What to produce: Using the entries below, quote exactly the span of lines that begins with the line containing "(refl, refl, omega" and ends with the final line.

Stored items:
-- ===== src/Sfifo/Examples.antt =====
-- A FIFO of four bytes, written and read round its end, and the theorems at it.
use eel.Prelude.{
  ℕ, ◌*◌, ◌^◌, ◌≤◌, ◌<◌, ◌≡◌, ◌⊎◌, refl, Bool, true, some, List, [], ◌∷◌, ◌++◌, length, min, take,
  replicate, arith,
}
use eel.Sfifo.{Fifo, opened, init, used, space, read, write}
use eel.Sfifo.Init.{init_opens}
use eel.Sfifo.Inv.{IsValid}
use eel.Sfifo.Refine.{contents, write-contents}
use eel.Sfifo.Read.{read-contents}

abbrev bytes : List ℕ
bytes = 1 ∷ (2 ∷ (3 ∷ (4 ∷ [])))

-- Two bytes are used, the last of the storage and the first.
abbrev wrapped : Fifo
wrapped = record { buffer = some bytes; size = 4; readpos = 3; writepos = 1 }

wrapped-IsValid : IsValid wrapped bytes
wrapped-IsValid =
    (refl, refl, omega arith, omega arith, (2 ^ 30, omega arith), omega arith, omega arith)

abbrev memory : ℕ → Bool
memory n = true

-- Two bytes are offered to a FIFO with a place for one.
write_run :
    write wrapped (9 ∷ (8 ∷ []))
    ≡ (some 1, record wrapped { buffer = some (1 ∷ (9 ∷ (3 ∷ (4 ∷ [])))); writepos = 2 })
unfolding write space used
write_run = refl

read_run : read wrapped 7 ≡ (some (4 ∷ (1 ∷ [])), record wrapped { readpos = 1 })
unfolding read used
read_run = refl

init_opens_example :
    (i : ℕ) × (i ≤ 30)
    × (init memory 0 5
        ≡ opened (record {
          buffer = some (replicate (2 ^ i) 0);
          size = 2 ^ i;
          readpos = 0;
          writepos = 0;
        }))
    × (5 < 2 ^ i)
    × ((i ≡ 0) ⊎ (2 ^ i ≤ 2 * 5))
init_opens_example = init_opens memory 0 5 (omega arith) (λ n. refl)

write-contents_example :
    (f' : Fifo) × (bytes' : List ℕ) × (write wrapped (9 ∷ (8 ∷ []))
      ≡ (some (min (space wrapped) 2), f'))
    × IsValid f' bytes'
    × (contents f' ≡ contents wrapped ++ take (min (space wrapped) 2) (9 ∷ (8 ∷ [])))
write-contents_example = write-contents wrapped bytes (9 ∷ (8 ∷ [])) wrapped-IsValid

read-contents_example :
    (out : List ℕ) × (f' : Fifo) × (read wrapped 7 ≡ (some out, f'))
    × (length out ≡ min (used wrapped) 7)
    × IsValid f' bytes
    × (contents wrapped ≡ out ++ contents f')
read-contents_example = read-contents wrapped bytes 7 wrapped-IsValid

Output for this task:
    (refl, refl, omega arith, omega arith, (2 ^ 30, omega arith), omega arith, omega arith)

abbrev memory : ℕ → Bool
memory n = true

-- Two bytes are offered to a FIFO with a place for one.
write_run :
    write wrapped (9 ∷ (8 ∷ []))
    ≡ (some 1, record wrapped { buffer = some (1 ∷ (9 ∷ (3 ∷ (4 ∷ [])))); writepos = 2 })
unfolding write space used
write_run = refl

read_run : read wrapped 7 ≡ (some (4 ∷ (1 ∷ [])), record wrapped { readpos = 1 })
unfolding read used
read_run = refl

init_opens_example :
    (i : ℕ) × (i ≤ 30)
    × (init memory 0 5
        ≡ opened (record {
          buffer = some (replicate (2 ^ i) 0);
          size = 2 ^ i;
          readpos = 0;
          writepos = 0;
        }))
    × (5 < 2 ^ i)
    × ((i ≡ 0) ⊎ (2 ^ i ≤ 2 * 5))
init_opens_example = init_opens memory 0 5 (omega arith) (λ n. refl)

write-contents_example :
    (f' : Fifo) × (bytes' : List ℕ) × (write wrapped (9 ∷ (8 ∷ []))
      ≡ (some (min (space wrapped) 2), f'))
    × IsValid f' bytes'
    × (contents f' ≡ contents wrapped ++ take (min (space wrapped) 2) (9 ∷ (8 ∷ [])))
write-contents_example = write-contents wrapped bytes (9 ∷ (8 ∷ [])) wrapped-IsValid

read-contents_example :
    (out : List ℕ) × (f' : Fifo) × (read wrapped 7 ≡ (some out, f'))
    × (length out ≡ min (used wrapped) 7)
    × IsValid f' bytes
    × (contents wrapped ≡ out ++ contents f')
read-contents_example = read-contents wrapped bytes 7 wrapped-IsValid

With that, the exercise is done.